====== Task data

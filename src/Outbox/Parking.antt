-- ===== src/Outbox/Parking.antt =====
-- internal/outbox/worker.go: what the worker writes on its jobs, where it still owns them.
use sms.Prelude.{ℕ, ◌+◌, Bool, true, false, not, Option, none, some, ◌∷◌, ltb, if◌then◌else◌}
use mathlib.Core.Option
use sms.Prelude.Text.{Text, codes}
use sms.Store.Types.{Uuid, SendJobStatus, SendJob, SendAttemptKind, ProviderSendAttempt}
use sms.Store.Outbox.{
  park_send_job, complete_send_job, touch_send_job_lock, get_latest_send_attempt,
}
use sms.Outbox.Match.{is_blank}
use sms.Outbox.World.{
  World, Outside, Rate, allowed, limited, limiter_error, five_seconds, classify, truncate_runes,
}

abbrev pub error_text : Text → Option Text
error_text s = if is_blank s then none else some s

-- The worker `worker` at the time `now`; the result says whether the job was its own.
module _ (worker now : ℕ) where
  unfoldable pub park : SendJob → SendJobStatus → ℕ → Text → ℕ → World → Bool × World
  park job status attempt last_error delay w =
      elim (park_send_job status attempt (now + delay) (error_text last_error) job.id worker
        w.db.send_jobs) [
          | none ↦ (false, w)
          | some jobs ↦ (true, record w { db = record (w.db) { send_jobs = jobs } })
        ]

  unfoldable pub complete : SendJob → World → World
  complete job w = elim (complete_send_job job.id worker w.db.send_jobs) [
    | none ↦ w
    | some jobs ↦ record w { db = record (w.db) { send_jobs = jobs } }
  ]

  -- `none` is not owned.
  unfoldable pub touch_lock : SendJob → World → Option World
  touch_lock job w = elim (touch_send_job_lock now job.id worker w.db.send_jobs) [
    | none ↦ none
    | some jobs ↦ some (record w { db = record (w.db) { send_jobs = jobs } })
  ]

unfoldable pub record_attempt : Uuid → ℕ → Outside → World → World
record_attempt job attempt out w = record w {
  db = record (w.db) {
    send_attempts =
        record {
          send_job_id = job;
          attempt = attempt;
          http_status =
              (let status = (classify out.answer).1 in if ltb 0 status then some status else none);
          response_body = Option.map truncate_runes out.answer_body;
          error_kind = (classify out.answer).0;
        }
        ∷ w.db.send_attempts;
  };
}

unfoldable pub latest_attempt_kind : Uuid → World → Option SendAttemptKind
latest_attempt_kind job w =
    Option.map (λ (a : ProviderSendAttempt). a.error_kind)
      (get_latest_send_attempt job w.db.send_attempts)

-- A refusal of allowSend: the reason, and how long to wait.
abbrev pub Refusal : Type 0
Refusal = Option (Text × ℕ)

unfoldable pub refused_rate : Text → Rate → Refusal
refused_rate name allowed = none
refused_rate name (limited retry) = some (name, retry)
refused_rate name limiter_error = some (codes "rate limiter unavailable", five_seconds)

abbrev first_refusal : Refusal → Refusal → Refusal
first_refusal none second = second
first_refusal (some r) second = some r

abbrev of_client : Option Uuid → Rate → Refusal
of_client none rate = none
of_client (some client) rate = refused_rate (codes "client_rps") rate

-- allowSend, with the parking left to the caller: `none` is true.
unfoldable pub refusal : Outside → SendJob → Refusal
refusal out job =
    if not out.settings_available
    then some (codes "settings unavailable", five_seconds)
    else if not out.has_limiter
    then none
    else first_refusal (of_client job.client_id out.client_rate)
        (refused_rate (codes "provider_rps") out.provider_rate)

============
====== Task data

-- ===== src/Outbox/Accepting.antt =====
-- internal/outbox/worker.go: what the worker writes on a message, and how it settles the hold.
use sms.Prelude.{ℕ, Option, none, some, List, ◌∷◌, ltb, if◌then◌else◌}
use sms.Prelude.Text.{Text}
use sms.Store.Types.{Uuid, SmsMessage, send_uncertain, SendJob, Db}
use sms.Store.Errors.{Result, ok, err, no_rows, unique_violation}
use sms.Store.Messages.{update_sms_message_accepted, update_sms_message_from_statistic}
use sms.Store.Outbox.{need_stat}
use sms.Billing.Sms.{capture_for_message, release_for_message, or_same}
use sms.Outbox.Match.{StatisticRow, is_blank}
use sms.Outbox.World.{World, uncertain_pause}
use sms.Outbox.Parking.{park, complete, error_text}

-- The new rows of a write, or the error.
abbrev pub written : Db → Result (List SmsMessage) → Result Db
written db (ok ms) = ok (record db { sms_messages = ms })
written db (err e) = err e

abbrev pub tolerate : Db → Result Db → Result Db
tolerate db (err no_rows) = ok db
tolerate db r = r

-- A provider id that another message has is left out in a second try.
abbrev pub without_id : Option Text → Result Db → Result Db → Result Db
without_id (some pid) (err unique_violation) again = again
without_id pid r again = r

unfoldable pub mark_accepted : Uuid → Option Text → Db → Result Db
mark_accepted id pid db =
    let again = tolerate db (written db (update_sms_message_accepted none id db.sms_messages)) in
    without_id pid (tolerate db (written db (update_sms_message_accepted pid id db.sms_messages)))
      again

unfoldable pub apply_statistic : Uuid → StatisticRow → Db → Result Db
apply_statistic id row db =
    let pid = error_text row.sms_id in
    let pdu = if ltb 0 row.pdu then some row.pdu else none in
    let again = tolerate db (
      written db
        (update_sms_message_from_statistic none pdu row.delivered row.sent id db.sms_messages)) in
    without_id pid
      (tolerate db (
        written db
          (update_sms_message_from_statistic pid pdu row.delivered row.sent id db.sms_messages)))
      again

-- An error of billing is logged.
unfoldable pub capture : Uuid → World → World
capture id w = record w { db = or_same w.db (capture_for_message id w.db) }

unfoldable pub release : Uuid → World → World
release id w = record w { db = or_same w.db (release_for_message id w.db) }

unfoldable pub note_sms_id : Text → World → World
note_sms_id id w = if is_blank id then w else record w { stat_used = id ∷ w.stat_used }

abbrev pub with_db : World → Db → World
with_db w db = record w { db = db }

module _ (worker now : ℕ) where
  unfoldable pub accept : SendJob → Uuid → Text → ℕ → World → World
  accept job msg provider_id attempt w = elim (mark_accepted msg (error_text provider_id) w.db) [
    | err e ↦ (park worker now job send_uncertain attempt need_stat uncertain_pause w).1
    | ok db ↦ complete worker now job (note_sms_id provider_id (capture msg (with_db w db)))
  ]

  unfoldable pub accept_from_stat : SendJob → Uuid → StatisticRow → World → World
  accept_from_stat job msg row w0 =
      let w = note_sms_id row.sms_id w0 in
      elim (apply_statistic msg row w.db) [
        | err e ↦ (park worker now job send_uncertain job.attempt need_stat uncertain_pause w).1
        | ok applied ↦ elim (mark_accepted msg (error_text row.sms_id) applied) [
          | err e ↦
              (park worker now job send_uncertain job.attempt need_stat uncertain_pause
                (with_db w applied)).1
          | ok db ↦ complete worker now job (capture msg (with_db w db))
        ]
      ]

============
====== Task data

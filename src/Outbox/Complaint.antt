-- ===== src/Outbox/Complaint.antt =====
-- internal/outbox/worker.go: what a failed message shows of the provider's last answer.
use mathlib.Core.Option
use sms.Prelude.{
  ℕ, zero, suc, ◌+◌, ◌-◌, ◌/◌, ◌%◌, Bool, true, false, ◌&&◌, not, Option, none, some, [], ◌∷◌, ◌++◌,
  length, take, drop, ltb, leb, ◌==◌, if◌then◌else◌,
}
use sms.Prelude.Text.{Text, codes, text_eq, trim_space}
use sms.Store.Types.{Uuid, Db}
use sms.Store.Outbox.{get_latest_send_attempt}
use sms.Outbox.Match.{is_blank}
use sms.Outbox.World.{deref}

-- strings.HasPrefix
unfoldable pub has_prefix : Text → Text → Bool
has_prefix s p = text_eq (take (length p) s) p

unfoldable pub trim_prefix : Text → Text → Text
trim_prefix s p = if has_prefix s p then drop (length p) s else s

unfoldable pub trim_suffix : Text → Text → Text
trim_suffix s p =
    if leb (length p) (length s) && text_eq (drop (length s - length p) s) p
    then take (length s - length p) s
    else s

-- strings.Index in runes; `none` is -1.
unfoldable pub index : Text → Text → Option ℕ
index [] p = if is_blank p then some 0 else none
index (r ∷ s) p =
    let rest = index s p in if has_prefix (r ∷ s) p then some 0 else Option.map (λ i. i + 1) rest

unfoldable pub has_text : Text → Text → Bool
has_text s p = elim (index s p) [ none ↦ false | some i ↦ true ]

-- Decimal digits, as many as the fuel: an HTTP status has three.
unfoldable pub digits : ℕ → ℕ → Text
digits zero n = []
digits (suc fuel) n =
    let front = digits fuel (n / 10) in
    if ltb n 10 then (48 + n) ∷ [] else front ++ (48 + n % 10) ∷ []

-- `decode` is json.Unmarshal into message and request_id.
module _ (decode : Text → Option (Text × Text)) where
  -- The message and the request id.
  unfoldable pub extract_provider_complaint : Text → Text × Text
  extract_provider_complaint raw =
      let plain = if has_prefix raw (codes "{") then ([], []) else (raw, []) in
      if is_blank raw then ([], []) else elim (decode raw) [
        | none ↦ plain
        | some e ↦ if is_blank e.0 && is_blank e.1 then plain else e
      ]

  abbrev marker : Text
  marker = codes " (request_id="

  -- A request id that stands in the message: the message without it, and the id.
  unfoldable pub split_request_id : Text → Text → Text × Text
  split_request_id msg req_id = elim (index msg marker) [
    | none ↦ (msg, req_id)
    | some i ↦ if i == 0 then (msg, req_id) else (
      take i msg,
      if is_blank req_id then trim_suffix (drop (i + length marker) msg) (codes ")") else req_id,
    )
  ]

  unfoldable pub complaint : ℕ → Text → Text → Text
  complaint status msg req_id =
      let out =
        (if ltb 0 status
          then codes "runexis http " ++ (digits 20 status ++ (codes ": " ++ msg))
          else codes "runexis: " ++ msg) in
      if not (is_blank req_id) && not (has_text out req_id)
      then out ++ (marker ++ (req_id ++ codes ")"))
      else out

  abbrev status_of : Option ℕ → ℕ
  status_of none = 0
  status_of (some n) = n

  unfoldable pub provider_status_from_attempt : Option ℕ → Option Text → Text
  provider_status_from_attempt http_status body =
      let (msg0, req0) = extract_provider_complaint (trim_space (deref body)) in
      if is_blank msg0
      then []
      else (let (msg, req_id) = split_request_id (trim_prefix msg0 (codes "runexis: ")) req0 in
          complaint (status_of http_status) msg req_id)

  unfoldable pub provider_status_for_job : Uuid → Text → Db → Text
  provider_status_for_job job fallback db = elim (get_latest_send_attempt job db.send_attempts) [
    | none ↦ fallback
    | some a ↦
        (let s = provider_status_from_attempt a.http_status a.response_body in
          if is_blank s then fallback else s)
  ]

============

Activity —
Report the total of lines above containing the string "tolerate", and write nothing besides it.

Reply —
7